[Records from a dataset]

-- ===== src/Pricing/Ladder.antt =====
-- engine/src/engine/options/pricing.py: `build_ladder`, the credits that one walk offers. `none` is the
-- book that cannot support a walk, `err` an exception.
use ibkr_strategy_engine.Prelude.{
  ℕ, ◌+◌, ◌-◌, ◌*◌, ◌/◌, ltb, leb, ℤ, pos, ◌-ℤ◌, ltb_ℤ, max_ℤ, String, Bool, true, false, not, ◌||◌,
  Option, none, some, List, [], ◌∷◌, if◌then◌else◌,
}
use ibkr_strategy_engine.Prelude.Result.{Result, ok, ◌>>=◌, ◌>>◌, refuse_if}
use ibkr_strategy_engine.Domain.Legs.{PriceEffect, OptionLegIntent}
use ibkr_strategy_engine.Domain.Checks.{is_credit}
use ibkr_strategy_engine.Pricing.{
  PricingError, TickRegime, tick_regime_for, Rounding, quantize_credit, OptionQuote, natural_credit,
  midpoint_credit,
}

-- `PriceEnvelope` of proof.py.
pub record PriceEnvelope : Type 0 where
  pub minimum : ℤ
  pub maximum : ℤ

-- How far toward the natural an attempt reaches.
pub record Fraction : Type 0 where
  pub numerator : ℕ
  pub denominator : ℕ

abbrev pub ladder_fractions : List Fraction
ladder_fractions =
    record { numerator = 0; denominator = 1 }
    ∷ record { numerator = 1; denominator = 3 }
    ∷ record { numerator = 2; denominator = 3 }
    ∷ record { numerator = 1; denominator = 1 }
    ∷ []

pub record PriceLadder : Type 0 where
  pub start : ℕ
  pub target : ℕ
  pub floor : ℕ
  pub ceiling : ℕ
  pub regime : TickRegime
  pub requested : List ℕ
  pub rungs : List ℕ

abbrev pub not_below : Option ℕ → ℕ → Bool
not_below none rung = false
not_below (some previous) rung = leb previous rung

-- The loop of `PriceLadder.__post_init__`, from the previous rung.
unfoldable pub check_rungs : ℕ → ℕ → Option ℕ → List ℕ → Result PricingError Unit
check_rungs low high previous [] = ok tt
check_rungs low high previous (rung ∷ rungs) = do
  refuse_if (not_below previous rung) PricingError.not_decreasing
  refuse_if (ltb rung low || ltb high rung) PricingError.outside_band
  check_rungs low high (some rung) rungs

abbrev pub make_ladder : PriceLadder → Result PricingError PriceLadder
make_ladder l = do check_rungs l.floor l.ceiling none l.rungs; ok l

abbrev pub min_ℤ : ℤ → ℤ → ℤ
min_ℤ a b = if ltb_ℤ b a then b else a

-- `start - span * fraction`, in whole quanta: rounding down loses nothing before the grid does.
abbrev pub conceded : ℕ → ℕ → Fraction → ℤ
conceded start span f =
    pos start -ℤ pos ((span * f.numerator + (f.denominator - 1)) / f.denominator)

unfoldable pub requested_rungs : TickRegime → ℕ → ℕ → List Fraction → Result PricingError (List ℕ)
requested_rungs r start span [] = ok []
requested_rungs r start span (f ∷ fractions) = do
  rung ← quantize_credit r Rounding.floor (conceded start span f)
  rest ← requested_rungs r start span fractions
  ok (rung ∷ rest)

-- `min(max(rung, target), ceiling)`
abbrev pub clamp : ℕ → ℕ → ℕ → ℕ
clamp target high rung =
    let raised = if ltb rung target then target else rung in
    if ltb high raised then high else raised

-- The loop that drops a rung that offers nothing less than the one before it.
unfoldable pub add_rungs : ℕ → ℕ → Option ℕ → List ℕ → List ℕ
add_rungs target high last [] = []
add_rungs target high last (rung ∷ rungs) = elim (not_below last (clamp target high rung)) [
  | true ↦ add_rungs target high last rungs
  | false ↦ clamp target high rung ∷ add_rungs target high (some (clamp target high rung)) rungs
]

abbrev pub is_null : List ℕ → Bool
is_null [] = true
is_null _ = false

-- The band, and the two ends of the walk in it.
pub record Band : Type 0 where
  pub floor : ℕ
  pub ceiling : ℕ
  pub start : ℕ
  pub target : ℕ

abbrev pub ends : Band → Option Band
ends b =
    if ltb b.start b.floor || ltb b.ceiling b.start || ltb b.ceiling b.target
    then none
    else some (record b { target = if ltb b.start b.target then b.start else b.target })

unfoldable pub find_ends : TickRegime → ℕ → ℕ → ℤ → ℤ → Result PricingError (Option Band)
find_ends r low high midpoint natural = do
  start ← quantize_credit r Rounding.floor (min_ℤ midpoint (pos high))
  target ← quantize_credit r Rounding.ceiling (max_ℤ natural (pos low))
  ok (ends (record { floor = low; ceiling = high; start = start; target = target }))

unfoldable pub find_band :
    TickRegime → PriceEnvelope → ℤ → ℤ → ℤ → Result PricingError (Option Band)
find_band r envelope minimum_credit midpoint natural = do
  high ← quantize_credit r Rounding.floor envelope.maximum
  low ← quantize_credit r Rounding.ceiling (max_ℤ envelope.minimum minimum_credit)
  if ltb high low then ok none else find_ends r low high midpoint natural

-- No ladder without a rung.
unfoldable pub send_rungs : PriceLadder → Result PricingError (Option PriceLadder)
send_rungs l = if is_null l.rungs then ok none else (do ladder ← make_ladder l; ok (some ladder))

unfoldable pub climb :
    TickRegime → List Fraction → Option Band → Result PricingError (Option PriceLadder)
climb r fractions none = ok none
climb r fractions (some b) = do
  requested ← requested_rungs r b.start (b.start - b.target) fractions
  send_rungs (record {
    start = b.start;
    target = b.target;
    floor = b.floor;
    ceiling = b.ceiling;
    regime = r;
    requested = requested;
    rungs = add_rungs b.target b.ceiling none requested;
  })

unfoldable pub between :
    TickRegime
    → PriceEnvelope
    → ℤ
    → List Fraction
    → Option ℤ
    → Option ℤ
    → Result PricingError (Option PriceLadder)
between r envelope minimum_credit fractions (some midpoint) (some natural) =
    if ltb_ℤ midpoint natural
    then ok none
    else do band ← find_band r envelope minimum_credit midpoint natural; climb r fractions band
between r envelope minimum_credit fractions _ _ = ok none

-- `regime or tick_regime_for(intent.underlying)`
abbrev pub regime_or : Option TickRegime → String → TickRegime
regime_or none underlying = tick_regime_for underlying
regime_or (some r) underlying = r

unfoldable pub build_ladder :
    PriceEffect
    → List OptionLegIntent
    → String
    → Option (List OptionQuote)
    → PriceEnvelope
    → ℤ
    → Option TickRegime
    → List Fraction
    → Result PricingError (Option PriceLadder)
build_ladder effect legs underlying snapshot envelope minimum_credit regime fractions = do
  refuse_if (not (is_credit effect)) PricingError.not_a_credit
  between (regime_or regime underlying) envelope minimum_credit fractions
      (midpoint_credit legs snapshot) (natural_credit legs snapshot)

= TRY IT =
With "before" as the string to find, copy every line of the records that holds it.

= ANSWER BELOW =
-- `start - span * fraction`, in whole quanta: rounding down loses nothing before the grid does.
-- The loop that drops a rung that offers nothing less than the one before it.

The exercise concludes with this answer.